Department of Surgery, Stanford University School of Medicine, Stanford, California.
Department of Surgery, Stanford University School of Medicine, Stanford, California.
J Surg Educ. 2022 Jan-Feb;79(1):206-215. doi: 10.1016/j.jsurg.2021.07.002. Epub 2021 Aug 3.

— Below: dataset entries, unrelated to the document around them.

-- ===== src/Manage/Tunnels.antt =====
-- clientlib/manageAccel.go: StartUDPTunnel, StartUDPWSTunnel and StartTCPtunnel, up to the loop that
-- they run with the listening address and the target, the two halves of `tunnel`.
use go_shadowsocks.Manage.Starts.{lift, modify}
use go_shadowsocks.Prelude.{List, true, ℕ}
use go_shadowsocks.Manage.{Package}
use go_shadowsocks.Errors.{Result, M, ◌>>=◌, ◌>>◌}
use go_shadowsocks.Strings.{split, halves}

abbrev pub enable_udp : Package → Package
enable_udp s = record s { verbose = true; udp_enabled = true }

-- `addr` is resolved behind strings.Split and in front of `p[1]`, which panics without a `=`.
unfoldable pub start_udp_tunnel : Result ℕ → Result ℕ → List ℕ → M Package (List ℕ × List ℕ)
start_udp_tunnel picked resolved tunnel = do
  modify (λ s. record s { verbose = true })
  ciph ← lift picked
  modify enable_udp
  addr ← lift resolved
  lift (halves (split b'=' tunnel))

unfoldable pub start_udp_ws_tunnel : Result ℕ → List ℕ → M Package (List ℕ × List ℕ)
start_udp_ws_tunnel picked tunnel = do
  modify (λ s. record s { verbose = true })
  ciph ← lift picked
  modify enable_udp
  lift (halves (split b'=' tunnel))

unfoldable pub start_tcp_tunnel : Result ℕ → List ℕ → M Package (List ℕ × List ℕ)
start_tcp_tunnel picked tunnel = do
  modify (λ s. record s { verbose = true })
  ciph ← lift picked
  lift (halves (split b'=' tunnel))
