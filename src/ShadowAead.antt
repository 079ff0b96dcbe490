-- ===== src/ShadowAead.antt =====
-- Package shadowaead: AEAD-protected streams and packets.
pub mod Aead
pub mod Nonce
pub mod Stream
pub mod Cipher
pub mod Packet
pub mod Conn
pub mod Runs
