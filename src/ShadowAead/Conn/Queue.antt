-- ===== src/ShadowAead/Conn/Queue.antt =====
-- The read side of a `streamConn` as a queue of bytes.
use go_shadowsocks.Prelude.{
  ℕ, ◌≡◌, refl, ◌∙◌, sym, List, [], ◌++◌, some, length, take, length-append, take-append,
  drop-append, arith,
}
use go_shadowsocks.Errors.{Err, ok}
use go_shadowsocks.Io.{Source, pending, ending, read_full}
use go_shadowsocks.Io.Reads.{copy_error}
use go_shadowsocks.Io.ReadFull.{read_full_enough}
use go_shadowsocks.Io.Fill.{IsQueue}
use go_shadowsocks.ShadowAead.Aead.{Aead, IsAead}
use go_shadowsocks.ShadowAead.Cipher.{Cipher}
use go_shadowsocks.ShadowAead.Cipher.Keys.{IsCipher}
use go_shadowsocks.ShadowAead.Stream.{Reader, new_reader}
use go_shadowsocks.ShadowAead.Stream.Encode.{frames}
use go_shadowsocks.ShadowAead.Stream.Decode.{IsMask, at}
use go_shadowsocks.ShadowAead.Stream.RoundTrip.{Holds, reader_read-Holds, write_to-Holds}
use go_shadowsocks.ShadowAead.Conn.{
  ReadSide, raw_in, opened_in, WriteSide, init_reader, get_reader, conn_read, conn_write_to,
}
use go_shadowsocks.ShadowAead.Conn.RoundTrip.{wire, zeros, Sent}

module _ (ciph : Cipher) (laws : IsCipher ciph) (mask : ℕ) (m : IsMask mask) (e : Err) where
  -- A read side that has the bytes `p` still to hand over, and the error `e` behind them.
  pub record Delivers (side : ReadSide) (p : List ℕ) : Type 0 where
    pub aead : Aead
    pub keeps : IsAead aead
    pub reader : Reader
    pub opens : get_reader ciph side ≡ (ok (aead, reader), opened_in aead reader)
    pub holds : Holds aead keeps mask m reader p
    pub ends : ending reader.source ≡ e

  pub conn_read-IsQueue : IsQueue Delivers (conn_read ciph mask)
  unfolding conn_read get_reader
  conn_read-IsQueue room side p h ne d =
      let (b, r', rest, (got, cut, some_byte, fits, holds, same)) =
        reader_read-Holds d.aead d.keeps mask m room d.reader p h ne d.holds in
      (
        b,
        opened_in d.aead r',
        rest,
        ground (arith, d.opens, got),
        cut,
        some_byte,
        fits,
        record {
          aead = d.aead;
          keeps = d.keeps;
          reader = r';
          opens = refl;
          holds = holds;
          ends = same ∙ d.ends;
        },
      )

  pub conn_write_to-Delivers :
      (side : ReadSide) (p : List ℕ)
      → Delivers side p
      → (side' : ReadSide) × (conn_write_to ciph mask side (record { sent = []; faults = [] })
          ≡ some (length p, copy_error e, side', record { sent = p; faults = [] }))
  unfolding conn_write_to
  conn_write_to-Delivers side p d =
      let (s, n, run) = write_to-Holds d.aead d.keeps mask m d.reader p [] d.holds in
      (opened_in d.aead (at s n []), ground (arith, d.opens, run, d.ends))

  -- A new connection over what the peer sent.
  pub raw_in-Delivers :
      (side : WriteSide) (p : List ℕ) (s : Source)
      → Sent mask ciph side p
      → pending s ≡ wire side
      → ending s ≡ e
      → Delivers (raw_in s) p
  unfolding get_reader init_reader new_reader
  raw_in-Delivers side p s h sent end =
      let rest = frames h.aead (zeros h.aead) h.chunks in
      let came : pending s ≡ h.salt ++ rest = ground (arith, sent, h.state) in
      let (got, left, same) =
        read_full_enough ciph.salt_len s
          (rw came (omega (arith, length-append h.salt rest, h.salted))) in
      let s' = (read_full ciph.salt_len s).1 in
      let first : take ciph.salt_len (pending s) ≡ h.salt =
        rw came (take-append h.salt rest _ (sym h.salted)) in
      record {
        aead = h.aead;
        keeps = laws.lawful h.salt h.aead h.keyed;
        reader = at s' (zeros h.aead) [];
        opens = ground (arith, got, first, laws.agrees h.salt, h.keyed);
        holds = record {
          chunks = h.chunks;
          are_chunks = h.are_chunks;
          coming = left ∙ rw came (drop-append h.salt rest _ (sym h.salted));
          total = h.total;
        };
        ends = same ∙ end;
      }
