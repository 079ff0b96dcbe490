-- ===== src/ShadowAead/Nonce/Counter.antt =====
-- The nonce as a little-endian number, and why a session never repeats one.
use go_shadowsocks.Prelude.{
  ℕ, zero, suc, ◌+◌, ◌*◌, ◌%◌, ◌^◌, ◌<◌, ◌≡◌, ◌≢◌, refl, List, [], ◌∷◌, length, IsBytes, arith, ap,
  sym, ◌∙◌, ◌⊎◌, inl, inr, replicate, length-replicate,
}
use native.Mathlib.Nat.{pow-suc, mod-eq_of_lt, mod_self}
use go_shadowsocks.ShadowAead.Nonce.{increment}

-- The number that a little-endian byte string stands for.
abbrev pub le_value : List ℕ → ℕ
le_value [] = 0
le_value (b ∷ bs) = b + 256 * le_value bs

-- The nonce after k operations.
abbrev pub advance : ℕ → List ℕ → List ℕ
advance zero n = n
advance (suc k) n = advance k (increment n)

pub length-increment : (n : List ℕ) → length (increment n) ≡ length n
unfolding increment
length-increment [] = refl
length-increment (b ∷ bs) = ground (arith, length-increment bs)

pub increment-IsBytes : (n : List ℕ) → IsBytes n → IsBytes (increment n)
unfolding increment
increment-IsBytes [] h = tt
increment-IsBytes (b ∷ bs) h = ground (arith, increment-IsBytes bs h.1)

pub le_value_lt : (n : List ℕ) → IsBytes n → le_value n < 256 ^ length n
le_value_lt [] h = omega arith
le_value_lt (b ∷ bs) h = rw pow-suc (omega (arith, le_value_lt bs h.1))

-- The increment adds one, or wraps from the greatest nonce to 0.
increment_cases :
    (n : List ℕ)
    → IsBytes n
    → ((le_value (increment n) ≡ le_value n + 1) × (le_value n + 1 < 256 ^ length n))
      ⊎ ((le_value n + 1 ≡ 256 ^ length n) × (le_value (increment n) ≡ 0))
unfolding increment
increment_cases [] h = inr (refl, refl)
increment_cases (b ∷ bs) h = rw pow-suc (ground (arith, increment_cases bs h.1, le_value_lt bs h.1))

-- So it counts modulo the number of nonces.
pub le_value-increment :
    (n : List ℕ) → IsBytes n → le_value (increment n) ≡ (le_value n + 1) % 256 ^ length n
le_value-increment n h = elim (increment_cases n h) [
  | inl (e, lt) ↦ e ∙ sym (mod-eq_of_lt lt)
  | inr (e, z) ↦ z ∙ sym (rw e (mod_self _))
]

pub length-advance : (k : ℕ) (n : List ℕ) → length (advance k n) ≡ length n
length-advance zero n = refl
length-advance (suc k) n = length-advance k (increment n) ∙ length-increment n

-- k increments below the wrap add k.
le_value-advance :
    (k : ℕ) (n : List ℕ)
    → IsBytes n
    → le_value n + k < 256 ^ length n
    → le_value (advance k n) ≡ le_value n + k
le_value-advance zero n h lt = omega arith
le_value-advance (suc k) n h lt = ground (
  arith,
  increment_cases n h,
  length-increment n,
  le_value-advance k (increment n) (increment-IsBytes n h),
)

pub le_value-zeros : (k : ℕ) → le_value (replicate k 0) ≡ 0
le_value-zeros zero = refl
le_value-zeros (suc k) = omega (arith, le_value-zeros k)

pub zeros-IsBytes : (k : ℕ) → IsBytes (replicate k 0)
zeros-IsBytes zero = tt
zeros-IsBytes (suc k) = (omega arith, zeros-IsBytes k)

-- Counting from the zero nonce, two different operations among the first 256 ^ size use different
-- nonces.
pub advance_distinct :
    (size i j : ℕ)
    → i < 256 ^ size
    → j < 256 ^ size
    → i ≢ j
    → advance i (replicate size 0) ≢ advance j (replicate size 0)
advance_distinct size i j hi hj ne e =
    ne (omega (arith, ap le_value e, at_count i hi, at_count j hj))
  where
    at_count : (k : ℕ) → k < 256 ^ size → le_value (advance k (replicate size 0)) ≡ k
    at_count k hk =
        le_value-advance k (replicate size 0) (zeros-IsBytes size)
          (rw (le_value-zeros size, length-replicate {A = ℕ} size 0) (omega arith))
        ∙ rw (le_value-zeros size) (omega arith)
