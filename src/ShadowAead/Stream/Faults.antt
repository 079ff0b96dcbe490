-- ===== src/ShadowAead/Stream/Faults.antt =====
-- Streams that `read` of shadowaead/stream.go does not take as they were meant.
use Prim.Native.Nat.{bit_and}
use native.Mathlib.Decide.{dec_le}
use go_shadowsocks.Prelude.{
  ℕ, ◌+◌, ◌≤◌, ◌<◌, ◌≡◌, ◌≢◌, refl, ◌∙◌, ap, List, [], ◌++◌, some, length, take, length-take,
  append-nil, append_assoc, holds_below, holds_below-at, ◌==◌, ==_iff, true, arith,
}
use go_shadowsocks.Errors.{ok, err}
use go_shadowsocks.Io.{Source, pending, ending}
use go_shadowsocks.Io.ReadFull.{read_full_enough, read_full_short}
use go_shadowsocks.ShadowAead.Aead.{Aead, IsAead}
use go_shadowsocks.ShadowAead.Nonce.{increment}
use go_shadowsocks.ShadowAead.Stream.{
  Reader, frame, payload_size, size_bytes, open_block, read_record,
}
use go_shadowsocks.ShadowAead.Stream.Decode.{
  IsMask, at, payload_size-size_bytes, open_block-seal, open_block_end,
}

module _ (a : Aead) (laws : IsAead a) where
  module _ (mask : ℕ) (m : IsMask mask) where
    -- A stream that is cut between the size block of a record and its payload ends with the reader's
    -- own error: at EOF `read` returns `eof`, as at a clean end between two records.
    pub read_record_cut :
        (k : ℕ) (s : Source) (n l : List ℕ)
        → 1 ≤ k
        → k ≤ mask
        → pending s ≡ a.seal n (size_bytes k)
        → (s' : Source) × (read_record mask a (at s n l) ≡ (err (ending s), at s' (increment n) l))
          × (pending s' ≡ [])
    unfolding read_record
    read_record_cut k s n l h hk e =
        let (s₁, got, left, end) =
          open_block-seal a laws (size_bytes k) [] s n l (e ∙ append-nil' _) in
        let (s₂, stop, none_left, _) = open_block_end a laws k s₁ (increment n) l h left in
        (s₂, ground (arith, m.wide, got, stop, end, payload_size-size_bytes mask m k hk), none_left)
      where
        append-nil' : (xs : List ℕ) → xs ≡ xs ++ []
        append-nil' xs = ground (arith, append-nil xs)

  -- An opened block has the length that was asked for.
  open_block_ok :
      (k : ℕ) (r r' : Reader) (p : List ℕ) → open_block a k r ≡ (ok p, r') → length p ≡ k
  unfolding open_block
  open_block_ok k r r' p e = elim (dec_le (k + a.overhead) (length (pending r.source))) [
    | yes h ↦
        let (got, _, _) = read_full_enough (k + a.overhead) r.source h in
        let c = take (k + a.overhead) (pending r.source) in
        let opened : a.unseal r.nonce c ≡ some p = ground (arith, got) in
        omega (
          arith,
          laws.unseal_length r.nonce c p opened,
          length-take (k + a.overhead) (pending r.source),
        )
    | no h ↦ absurd (ground (arith, read_full_short (k + a.overhead) r.source (omega arith)))
  ]

-- With SetPayloadSize(4096) the sizes below 4096 have no bit in common with the mask.
no_common_bit : holds_below (λ n. bit_and n 4096 == 0) 4096 ≡ true
unfolding holds_below
no_common_bit = refl

payload_size_lost : (n : ℕ) → n < 4096 → payload_size 4096 (size_bytes n) ≡ 0
unfolding payload_size
payload_size_lost n h =
    ap (λ k. bit_and k 4096) (omega arith)
    ∙ (==_iff _ 0).0 (holds_below-at _ 4096 n h no_common_bit)

-- So no record of 1 to 4095 bytes is ever read back under that setting.
pub read_record_lost :
    (a : Aead) (laws : IsAead a) (c rest : List ℕ) (s : Source) (n l : List ℕ) (r' : Reader)
    → 1 ≤ length c
    → length c < 4096
    → pending s ≡ frame a n c ++ rest
    → read_record 4096 a (at s n l) ≢ (ok c, r')
unfolding read_record frame
read_record_lost a laws c rest s n l r' h lt e run =
    let (s₁, got, left, end) =
      open_block-seal a laws (size_bytes (length c)) (a.seal (increment n) c ++ rest) s n l
        (e ∙ append_assoc _ _ rest) in
    let second : open_block a 0 (at s₁ (increment n) l) ≡ (ok c, r') =
      ground (arith, run, got, payload_size_lost (length c) lt) in
    absurd (omega (arith, open_block_ok a laws 0 _ r' c second))
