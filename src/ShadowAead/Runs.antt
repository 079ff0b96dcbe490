-- ===== src/ShadowAead/Runs.antt =====
-- Package shadowaead at concrete inputs: a cipher with a salt of two bytes and a tag of one byte.
use go_shadowsocks.Prelude.{
  ℕ, ◌≡◌, ◌≢◌, refl, subst, List, [], ◌∷◌, ◌++◌, none, some, replicate, append-nil, arith,
}
use go_shadowsocks.Errors.{eof, ok}
use go_shadowsocks.Io.{full, gather, read_full, chunk, closed, Sink}
use go_shadowsocks.ShadowAead.Aead.{IsAead, toy_aead, toy_aead-IsAead}
use go_shadowsocks.ShadowAead.Nonce.Counter.{advance, advance_distinct}
use go_shadowsocks.ShadowAead.Cipher.{Cipher, Crypto, IsCrypto}
use go_shadowsocks.ShadowAead.Cipher.Keys.{IsCipher}
use go_shadowsocks.ShadowAead.Stream.Encode.{frames, past, faultless}
use go_shadowsocks.ShadowAead.Stream.Mask.{default_mask, default_mask-IsMask}
use go_shadowsocks.ShadowAead.Stream.Decode.{at}
use go_shadowsocks.ShadowAead.Stream.RoundTrip.{Holds, Reads, reader_read-Holds}
use go_shadowsocks.ShadowAead.Stream.Faults.{read_record_lost}
use go_shadowsocks.ShadowAead.Stream.{
  read_from_loop, put_payload, new_writer, read_from, frame, read_record, Reader,
}
use go_shadowsocks.ShadowAead.Packet.{seal_with, pack, packed, PacketConn, write_packet}
use go_shadowsocks.ShadowAead.Conn.{
  raw_out, ReadSide, raw_in, WriteSide, opened_out, conn_write_to, conn_write,
}
use go_shadowsocks.ShadowAead.Conn.RoundTrip.{first_conn_write-Sent, wire, Sent, conn_write_to-Sent}

abbrev pub toy_cipher : Cipher
toy_cipher = record {
  key_len = 1;
  salt_len = 2;
  encrypter = λ salt. ok toy_aead;
  decrypter = λ salt. ok toy_aead;
}

pub toy_cipher-IsCipher : IsCipher toy_cipher
toy_cipher-IsCipher = record {
  agrees = λ salt. refl;
  lawful = λ salt a e. subst IsAead {x = toy_aead} {y = a} (cc e) toy_aead-IsAead;
}

abbrev pub salt : List ℕ
salt = 8 ∷ 9 ∷ []

abbrev pub payload : List ℕ
payload = 1 ∷ 2 ∷ 3 ∷ []

abbrev pub zeros : List ℕ
zeros = 0 ∷ 0 ∷ []

abbrev pub empty : Sink
empty = record { sent = []; faults = [] }

-- A write side that was given the payload in one write.
abbrev side : WriteSide
side =
    opened_out toy_aead
      (faultless (salt ++ frames toy_aead zeros (payload ∷ [])) (past zeros (payload ∷ [])))

side-Sent : Sent default_mask toy_cipher side payload
side-Sent = record {
  aead = toy_aead;
  salt = salt;
  chunks = payload ∷ [];
  salted = refl;
  keyed = refl;
  are_chunks = ((omega arith, omega arith), tt);
  total = refl;
  state = refl;
}

conn_write_to-Sent_example :
    (side' : ReadSide) × (conn_write_to toy_cipher default_mask
        (raw_in (chunk (wire side) (closed eof)))
        empty
      ≡ some (3, none, side', record { sent = payload; faults = [] }))
conn_write_to-Sent_example =
    conn_write_to-Sent toy_cipher toy_cipher-IsCipher default_mask default_mask-IsMask side payload
      (chunk (wire side) (closed eof)) side-Sent (append-nil (wire side)) refl

advance_distinct_example : advance 3 (replicate 12 0) ≢ advance 300 (replicate 12 0)
advance_distinct_example = advance_distinct 12 3 300 (omega arith) (omega arith) (ground arith)

-- A reader with one byte left over and one record to come.
abbrev reader : Reader
reader = at (chunk (frames toy_aead zeros (payload ∷ [])) (closed eof)) zeros (7 ∷ [])

reader-Holds : Holds toy_aead toy_aead-IsAead default_mask default_mask-IsMask reader (7 ∷ payload)
reader-Holds = record {
  chunks = payload ∷ [];
  are_chunks = ((omega arith, omega arith), tt);
  coming = append-nil (frames toy_aead zeros (payload ∷ []));
  total = refl;
}

reader_read-Holds_example :
    (b : List ℕ) × (r' : Reader) × (rest : List ℕ) × Reads toy_aead toy_aead-IsAead default_mask
      default_mask-IsMask 2 reader
      (7 ∷ payload)
      b
      r'
      rest
reader_read-Holds_example =
    reader_read-Holds toy_aead toy_aead-IsAead default_mask default_mask-IsMask 2 reader
      (7 ∷ payload) (omega arith) (λ e. cc e) reader-Holds

read_record_lost_example :
    read_record 4096 toy_aead (at (chunk (frame toy_aead zeros payload) (closed eof)) zeros [])
    ≢ (ok payload, at (closed eof) zeros [])
read_record_lost_example =
    read_record_lost toy_aead toy_aead-IsAead payload []
      (chunk (frame toy_aead zeros payload) (closed eof)) zeros [] (at (closed eof) zeros [])
      (omega arith) (omega arith) refl

-- Packages whose AEADs are the one above, whatever the key.
abbrev toy_crypto : Crypto
toy_crypto = record {
  hkdf = λ secret s info n. secret;
  new_gcm = λ k. ok toy_aead;
  new_chacha = λ k. ok toy_aead;
}

toy_crypto-IsCrypto : IsCrypto toy_crypto
toy_crypto-IsCrypto = record {
  gcm_laws = λ k a e. subst IsAead {x = toy_aead} {y = a} (cc e) toy_aead-IsAead;
  chacha_laws = λ k a e. subst IsAead {x = toy_aead} {y = a} (cc e) toy_aead-IsAead;
}

abbrev key : List ℕ
key = replicate 24 5

-- The bytes of one record under the zero nonce.
abbrev record_bytes : List ℕ
record_bytes = frames toy_aead zeros (payload ∷ [])

payload_copied :
    read_from default_mask toy_aead (chunk payload (closed eof)) (new_writer toy_aead empty)
    ≡ some (3, none, faultless record_bytes (past zeros (payload ∷ [])), closed eof)
unfolding read_from read_from_loop put_payload new_writer frame
payload_copied = refl

abbrev packet_conn : PacketConn
packet_conn = record { ciph = toy_cipher; buf_len = 16 }

-- The datagram of the payload: the salt, the tag, the text.
abbrev datagram : List ℕ
datagram = 8 ∷ 9 ∷ 0 ∷ payload

payload_packed :
    (write_packet packet_conn (λ d. none) payload (chunk (8 ∷ 9 ∷ []) (closed eof))).0
    ≡ ok (3, none, some datagram)
unfolding write_packet packed pack seal_with read_full full gather
payload_packed = refl

first_conn_write-Sent_example :
    (s : WriteSide) × (conn_write toy_cipher default_mask
        (chunk salt (closed eof))
        payload
        (raw_out empty)
      ≡ some (3, none, s))
    × Sent default_mask toy_cipher s payload
first_conn_write-Sent_example =
    first_conn_write-Sent toy_cipher toy_cipher-IsCipher default_mask default_mask-IsMask
      (chunk salt (closed eof)) toy_aead payload (omega arith) refl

The gold standard for evaluation of resident procedural competence is that of validated assessments from faculty surgeons. A provision of adequate trainee assessments is challenged by a shortage of faculty due to increased clinical and administrative responsibilities. We hypothesized that with a well constructed assessment instrument and training, there would be minimal differences in procedural assessments made by near-peer resident raters (RR), faculty raters (FR), and trained raters (TR).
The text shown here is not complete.